> Brief
Copy out each line of the data that holds the string "then".

> Data shown
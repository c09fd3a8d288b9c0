-- ===== src/Gate/Policy/Scoped.antt =====
-- The verdict of a policy with overrides for some sources.
use backstop_core.Prelude.{
  String, Bool, true, false, ◌&&◌, List, [], ◌∷◌, Option, ◌==◌, ◌≡◌, refl, ◌↔◌, is_empty, member,
  keep, In, In-keep, keep-In, arith, inl, ◌∙◌, sym, if_true, if◌then◌else◌,
}
use backstop_core.Gate.Violation.{Violation, Status, StepResult}
use backstop_core.Gate.Scope.{GateScope}
use backstop_core.Gate.Identity.{enrich}
use backstop_core.Gate.Baseline.{BaselineArtifact}
use backstop_core.Gate.Policy.{
  DimensionPolicy, level_of, applies_to_of, policy_off, policy_warn, effective_level,
  effective_policy, applies_to_new_code, blocks_verdict, is_some, counts_under, scoped_outcome,
  outcome_of, scoped_blocking, new_hashes, is_blocked, apply_scoped_policy,
}

-- A list is not empty just when it has an item.
In-nonempty : {A : Type 0} (a : A) (xs : List A) → In a xs → is_empty xs ≡ false
In-nonempty a [] h = absurd h
In-nonempty a (x ∷ xs) h = refl

outcome_of-blocked :
    (off counts warn blocks : Bool)
    → is_blocked (outcome_of off counts warn blocks) ≡ true
    → (off ≡ false) × (counts ≡ true) × (warn ≡ false) × (blocks ≡ true)
unfolding outcome_of
outcome_of-blocked off counts warn blocks h = ground arith

blocked-outcome_of :
    {off counts warn blocks : Bool}
    → off ≡ false
    → counts ≡ true
    → warn ≡ false
    → blocks ≡ true
    → is_blocked (outcome_of off counts warn blocks) ≡ true
unfolding outcome_of
blocked-outcome_of p q r s = ground arith

guarded : (a b : Bool) → (a ≡ true → b ≡ true) → (if a then b else true) ≡ true
guarded true b h = h refl
guarded false b h = refl

nonempty_item : {A : Type 0} (xs : List A) → is_empty xs ≡ false → (a : A) × In a xs
nonempty_item [] h = absurd (cc)
nonempty_item (x ∷ xs) h = (x, inl refl)

module _ (hash_string : String → String) (baseline : Option BaselineArtifact)
    (scope : Option GateScope) where
  -- What makes a finding fail its step: the policy that it falls under, its source's override or
  -- the dimension's own, is neither off nor warn, the finding's severity is not `warning`, and the
  -- finding is net new if that policy grandfathers and there is a baseline.
  pub record Blocks (p : DimensionPolicy) (vs : List Violation) (v : Violation) : Type 0 where
    pub not_off : (effective_level (level_of (effective_policy p v)) == policy_off) ≡ false
    pub not_warn : (effective_level (level_of (effective_policy p v)) == policy_warn) ≡ false
    pub blocking : blocks_verdict v ≡ true
    pub counts :
        (applies_to_of (effective_policy p v) == applies_to_new_code && is_some baseline) ≡ true
        → member (enrich hash_string v).identity_hash (new_hashes hash_string baseline scope vs)
          ≡ true

  blocks_here : DimensionPolicy → List Violation → Violation → Bool
  blocks_here p vs v =
      is_blocked
        (scoped_outcome hash_string baseline scope (new_hashes hash_string baseline scope vs) p v)

  blocks_here-Blocks :
      (p : DimensionPolicy) (vs : List Violation) (v : Violation)
      → blocks_here p vs v ≡ true
      → Blocks p vs v
  unfolding blocks_here scoped_outcome counts_under
  blocks_here-Blocks p vs v h =
      let parts = outcome_of-blocked _ _ _ _ h in
      record {
        not_off = parts.0;
        not_warn = parts.2;
        blocking = parts.3;
        counts = λ e. sym (if_true _ true e) ∙ parts.1;
      }

  Blocks-blocks_here :
      (p : DimensionPolicy) (vs : List Violation) (v : Violation)
      → Blocks p vs v
      → blocks_here p vs v ≡ true
  unfolding blocks_here scoped_outcome counts_under
  Blocks-blocks_here p vs v b =
      blocked-outcome_of b.not_off (guarded _ _ b.counts) b.not_warn b.blocking

  status_fail :
      (s : StepResult) (p : DimensionPolicy)
      → ((apply_scoped_policy hash_string baseline scope s p).status ≡ Status.fail)
        ↔ (is_empty (keep (blocks_here p s.violations) s.violations) ≡ false)
  unfolding apply_scoped_policy blocks_here scoped_blocking
  status_fail s p = (λ h. ground arith, λ h. ground arith)

  -- With source overrides a step fails exactly when one of its findings blocks.
  pub apply_scoped_policy-fail_iff :
      (s : StepResult) (p : DimensionPolicy)
      → ((apply_scoped_policy hash_string baseline scope s p).status ≡ Status.fail)
        ↔ ((v : Violation) × In v s.violations × Blocks p s.violations v)
  apply_scoped_policy-fail_iff s p = (
    λ h.
        let (v, i) = nonempty_item _ ((status_fail s p).0 h) in
        let (found, blocks) = In-keep (blocks_here p s.violations) v s.violations i in
        (v, found, blocks_here-Blocks p s.violations v blocks),
    λ h.
        let (v, found, blocks) = h in
        (status_fail s p).1 (
          In-nonempty v _ (
            keep-In (blocks_here p s.violations) v s.violations found
              (Blocks-blocks_here p s.violations v blocks))),
  )
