-- ===== src/Gate/Policy/Verdict.antt =====
-- The verdicts of the dimension-wide policy, and what no policy changes.
use backstop_core.Prelude.{
  In, In-map, map, subst, String, true, false, ◌&&◌, ◌||◌, List, [], ◌∷◌, Option, ◌==◌, ◌≡◌, refl,
  ◌≢◌, ◌⊎◌, lookup, arith, Bool-cases, Option-cases, if_true, if_false, or_right, ◌∙◌, inl, inr,
}
use backstop_core.Gate.Violation.{
  Violation, Status, StepResult, is_skipped, step_baseline_comparison,
}
use backstop_core.Gate.Scope.{GateScope}
use backstop_core.Gate.Baseline.{BaselineArtifact}
use backstop_core.Gate.Policy.{
  DimensionPolicy, policy, level_of, no_sources, policy_off, policy_warn, policy_block,
  effective_level, applies_to_new_code, blocking_violations, step_verdict, is_some, level_verdict,
  apply_scoped_policy, apply_entry, apply_to_step, apply_policy, policy_meta_step,
}

-- At a level that is not warn the policy reaches the verdict that the step reached by itself.
level_verdict-block :
    (level : String) (vs : List Violation)
    → (level == policy_warn) ≡ false
    → level_verdict level vs ≡ step_verdict vs
unfolding level_verdict step_verdict blocking_violations
level_verdict-block level [] h = ground arith
level_verdict-block level (v ∷ vs) h = ground arith

level_verdict-warn : (vs : List Violation) → level_verdict policy_warn vs ≢ Status.fail
unfolding level_verdict
level_verdict-warn vs = ground arith

module _ (hash_string : String → String) (baseline : Option BaselineArtifact)
    (scope : Option GateScope) where
  -- A policy entry with the level block, given or by default, that counts every finding and has no
  -- source overrides gives the step the verdict of `StepVerdict` on the findings that it reports.
  pub apply_entry-block :
      (level applies : String) (s : StepResult)
      → (level ≡ "") ⊎ (level ≡ policy_block)
      → (applies == applies_to_new_code) ≡ false
      → (apply_entry hash_string baseline scope (policy level applies no_sources) s).status
        ≡ step_verdict s.violations
  unfolding apply_entry
  apply_entry-block level applies s (inl e) k =
      rw (e, k) (level_verdict-block policy_block s.violations refl)
  apply_entry-block level applies s (inr e) k =
      rw (e, k) (level_verdict-block policy_block s.violations refl)

  -- An entry with the level warn and no source overrides never fails the step.
  pub apply_entry-warn :
      (applies : String) (s : StepResult)
      → (apply_entry hash_string baseline scope (policy policy_warn applies no_sources) s).status
        ≢ Status.fail
  unfolding apply_entry
  apply_entry-warn applies s =
      elim (Bool-cases (applies == applies_to_new_code && is_some baseline)) [
        | inl e ↦ rw e (level_verdict-warn _)
        | inr e ↦ rw e (level_verdict-warn _)
      ]

  -- Unless its level is off an entry leaves the reported findings of the step as they are.
  pub violations-apply_entry :
      (p : DimensionPolicy) (s : StepResult)
      → (effective_level (level_of p) == policy_off) ≡ false
      → (apply_entry hash_string baseline scope p s).violations ≡ s.violations
  unfolding apply_entry apply_scoped_policy
  violations-apply_entry p s h = ground arith

  apply_to_step-exempt :
      (table : List (String × DimensionPolicy)) (s : StepResult)
      → (s.step_name == step_baseline_comparison) ≡ false
      → (policy_meta_step s.step_name || s.config_err || is_skipped s.status) ≡ true
      → apply_to_step hash_string baseline scope table s ≡ s
  unfolding apply_to_step
  apply_to_step-exempt table s h k = elim (Option-cases (lookup s.step_name table)) [
    | inl e ↦ if_false _ _ h ∙ rw e refl
    | inr (p, e) ↦ if_false _ _ h ∙ rw e (if_true _ _ k)
  ]

  -- Whatever the table says, a step that signals a configuration error or was skipped is among the
  -- results as it was, unless it is the comparison with the baseline.
  pub apply_policy-exempt :
      (table : List (String × DimensionPolicy)) (steps : List StepResult) (s : StepResult)
      → In s steps
      → (s.step_name == step_baseline_comparison) ≡ false
      → (s.config_err || is_skipped s.status) ≡ true
      → In s (apply_policy hash_string baseline scope table steps)
  unfolding apply_policy
  apply_policy-exempt [] steps s i h k = i
  apply_policy-exempt (e ∷ table) steps s i h k =
      let rewrite = apply_to_step hash_string baseline scope (e ∷ table) in
      subst (λ r. In r (map rewrite steps))
        (apply_to_step-exempt (e ∷ table) s h
          (or_right (policy_meta_step s.step_name) s.config_err (is_skipped s.status) k))
        (In-map rewrite s steps i)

> Reply
  keep, In, In-keep, keep-In, arith, inl, ◌∙◌, sym, if_true, if◌then◌else◌,
guarded : (a b : Bool) → (a ≡ true → b ≡ true) → (if a then b else true) ≡ true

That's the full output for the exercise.